Overview
How a Hive Monitor Pi talks to the cloud, from first boot through steady-state telemetry. This documents the device-side networking — every outbound flow is initiated by the Pi. The backend never connects in; there's no inbound port open on the device.
For this week I successfully connected to all my sensors (3× SHT45 temperature/humidity via I²C multiplexer), both cameras (Pi Camera Module 3 Wide on CSI ports), and my custom sensor extension board (designed in Week 9) — all communicating over the network to the cloud backend via MQTT and HTTPS.
Results
I got a reading of 23°C from all three SHT45 sensors and successfully connected to both cameras over the network. The sensor data is flowing through the I²C multiplexer to the Pi and publishing correctly. The cameras are streaming — I just need to get the video hosting integrated into the web dashboard, which I'll finish in Systems Integration week.

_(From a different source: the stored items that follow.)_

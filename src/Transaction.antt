-- ===== src/Transaction.antt =====
-- client/journal/transaction.hpp and transaction.cpp: the changes to one directory that a client
-- has gathered since its last commit, and the operations that add to them. The lock that each
-- operation takes makes it one step; the log lines are left out.
pub mod Calls
pub mod Effect
pub mod Conflict
pub mod Serial
pub mod Sync
mod Examples
use nmfs.Prelude.{ℕ, Bytes, Bool, true, false, Option, none, some, [], ◌==◌, if◌then◌else◌}
use nmfs.Map.{Map, find, put}
use nmfs.Uuid.{Uuid, nil_uuid}
use nmfs.Inode.{Inode, copy_inode}

-- enum class self_status
pub data SelfStatus : Type 0 where
  s_unchanged s_created s_deleted : SelfStatus

-- `dentries` says of a name whether its entry has been added (true) or deleted (false); in
-- `f_inodes` a null pointer, `none`, stands for a deleted file.
pub record Transaction : Type 0 where
  pub committed : Bool
  pub offset : ℕ
  pub status : SelfStatus
  pub s_ino : Uuid
  pub s_inode : Option Inode
  pub dentries : Map (Bool × Uuid)
  pub f_inodes : Map (Option Inode)

-- transaction(self_ino); `offset` has no value before commit()
unfoldable pub new_transaction : Uuid → Transaction
new_transaction self_ino = record {
  committed = false;
  offset = 0;
  status = s_unchanged;
  s_ino = self_ino;
  s_inode = none;
  dentries = [];
  f_inodes = [];
}

-- How a call ends: it returns 0, it returns -1, or it throws a logic_error. What was written
-- before a throw stays written.
pub data Outcome : Type 0 where
  accepted : Transaction → Outcome
  refused : Transaction → Outcome
  threw : Transaction → Outcome

infixl 5 ◌>>=◌
abbrev pub ◌>>=◌ : Outcome → (Transaction → Outcome) → Outcome
accepted tx >>= f = f tx
refused tx >>= f = refused tx
threw tx >>= f = threw tx

-- if (committed) return -1
pub check_open : Transaction → Outcome
check_open tx = if tx.committed then refused tx else accepted tx

-- dentries.insert({name, {true, ino}}), which may replace a deleted entry only
pub add_entry : Bytes → Uuid → Transaction → Outcome
add_entry name ino tx = elim (find name tx.dentries) [
  | some (true, _) ↦ threw tx
  | _ ↦ accepted (record tx { dentries = put name (true, ino) tx.dentries })
]

-- dentries.insert({name, {false, ino}}), which may replace an added entry only
pub delete_entry : Bytes → Uuid → Transaction → Outcome
delete_entry name ino tx = elim (find name tx.dentries) [
  | some (false, _) ↦ threw tx
  | _ ↦ accepted (record tx { dentries = put name (false, ino) tx.dentries })
]

-- The destination of a move: its entry is replaced whatever it was.
pub replace_entry : Bytes → Uuid → Transaction → Outcome
replace_entry name ino tx = accepted (record tx { dentries = put name (true, ino) tx.dentries })

-- The times of the directory's inode, or the whole inode where the transaction has none yet.
merge_inode : Option Inode → Inode → Inode
merge_inode none self_inode = copy_inode self_inode
merge_inode (some i) self_inode = record i {
  core = record i.core { i_mtime = self_inode.core.i_mtime; i_ctime = self_inode.core.i_ctime };
}

pub update_self : Inode → Transaction → Outcome
unfolding merge_inode
update_self self_inode tx =
    accepted (record tx { s_inode = some (merge_inode tx.s_inode self_inode) })

-- f_inodes.insert({ino, nullptr}), then a copy of the inode, unless there is one already
pub add_file : Inode → Transaction → Outcome
add_file f_inode tx = elim (find f_inode.core.i_ino tx.f_inodes) [
  | some (some _) ↦ threw tx
  | _ ↦
      accepted
        (record tx { f_inodes = put f_inode.core.i_ino (some (copy_inode f_inode)) tx.f_inodes })
]

-- f_inodes.insert({ino, nullptr}), or a null pointer in place of the inode
pub delete_file : Inode → Transaction → Outcome
delete_file f_inode tx = elim (find f_inode.core.i_ino tx.f_inodes) [
  | some none ↦ threw tx
  | _ ↦ accepted (record tx { f_inodes = put f_inode.core.i_ino none tx.f_inodes })
]

-- if (!dst_f_ino.is_nil()): the file that the move replaces
pub replace_file : Uuid → Transaction → Outcome
unfolding nil_uuid
replace_file dst_ino tx =
    if dst_ino == nil_uuid
    then accepted tx
    else accepted (record tx { f_inodes = put dst_ino none tx.f_inodes })

unfoldable pub mkself : Inode → Transaction → Outcome
unfolding check_open
mkself self_inode tx = do
  tx ← check_open tx
  accepted (record tx { s_inode = some (copy_inode self_inode); status = s_created })

unfoldable pub rmself : Transaction → Outcome
unfolding check_open
rmself tx = do tx ← check_open tx; accepted (record tx { status = s_deleted })

unfoldable pub chself : Inode → Transaction → Outcome
unfolding check_open
chself self_inode tx = do
  tx ← check_open tx
  accepted (record tx { s_inode = some (copy_inode self_inode) })

unfoldable pub mkdir : Inode → Bytes → Uuid → Transaction → Outcome
unfolding check_open add_entry update_self
mkdir self_inode d_name d_ino tx = do
  tx ← check_open tx
  tx ← add_entry d_name d_ino tx
  update_self self_inode tx

unfoldable pub rmdir : Inode → Bytes → Uuid → Transaction → Outcome
unfolding check_open delete_entry update_self
rmdir self_inode d_name d_ino tx = do
  tx ← check_open tx
  tx ← delete_entry d_name d_ino tx
  update_self self_inode tx

-- The last argument of mvdir(), the directory that is replaced, is not used by its body.
unfoldable pub mvdir : Inode → Bytes → Uuid → Bytes → Uuid → Transaction → Outcome
unfolding check_open delete_entry replace_entry update_self
mvdir self_inode src_name src_ino dst_name dst_ino tx = do
  tx ← check_open tx
  tx ← delete_entry src_name src_ino tx
  tx ← replace_entry dst_name src_ino tx
  update_self self_inode tx

unfoldable pub mkreg : Inode → Bytes → Inode → Transaction → Outcome
unfolding check_open add_entry update_self add_file
mkreg self_inode f_name f_inode tx = do
  tx ← check_open tx
  tx ← add_entry f_name f_inode.core.i_ino tx
  tx ← update_self self_inode tx
  add_file f_inode tx

unfoldable pub rmreg : Inode → Bytes → Inode → Transaction → Outcome
unfolding check_open delete_entry update_self delete_file
rmreg self_inode f_name f_inode tx = do
  tx ← check_open tx
  tx ← delete_entry f_name f_inode.core.i_ino tx
  tx ← update_self self_inode tx
  delete_file f_inode tx

unfoldable pub mvreg : Inode → Bytes → Uuid → Bytes → Uuid → Transaction → Outcome
unfolding check_open delete_entry replace_entry update_self replace_file
mvreg self_inode src_name src_ino dst_name dst_ino tx = do
  tx ← check_open tx
  tx ← delete_entry src_name src_ino tx
  tx ← replace_entry dst_name src_ino tx
  tx ← update_self self_inode tx
  replace_file dst_ino tx

unfoldable pub chreg : Inode → Transaction → Outcome
unfolding check_open
chreg f_inode tx = do
  tx ← check_open tx
  accepted (record tx { f_inodes = put f_inode.core.i_ino (some (copy_inode f_inode)) tx.f_inodes })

I'm using the same custom sensor extension board from Input Devices week — the pass-through PCB with STEMMA QT connectors that extends the I²C cable reach from the multiplexer to the SHT45 sensors in each hive box.
End-to-End Latency — Button Click to LED
From the Pi, the network path is: Pi → MQTT → AWS IoT → AWS Cloud. Here's the full round-trip when a user clicks a button on the website and an LED lights up on the hive:
| Hop | Latency |
|---|---|
| Browser → API (HTTPS) | ~50–150 ms |
| API → AWS IoT publish (HTTPS) | ~20–80 ms |
| IoT → Pi (MQTT push) | ~30–100 ms |
| Pi GPIO ramp (intentional slow movement) | 200 ms |
| Pi → IoT state echo | ~30–100 ms |
| IoT → backend → WebSocket → UI | ~50–200 ms |
| Total round-trip | ~380–830 ms |
The 200 ms GPIO ramp is intentional — the servo and LEDs ramp slowly to avoid current spikes that could brownout the Pi. Under normal conditions, a user clicks a button and sees the state update in under a second.
Hero Shot — Network Working
Custom sensor extension board plugged in and connected to the Pi via the I²C multiplexer
Successful test — all three SHT45 sensors reading 23°C over the network
System running — sensors and cameras connected over PoE network
30-Second Picture
Pi (admin LAN, NAT'd) hive-monitor.com (AWS, us-east-1)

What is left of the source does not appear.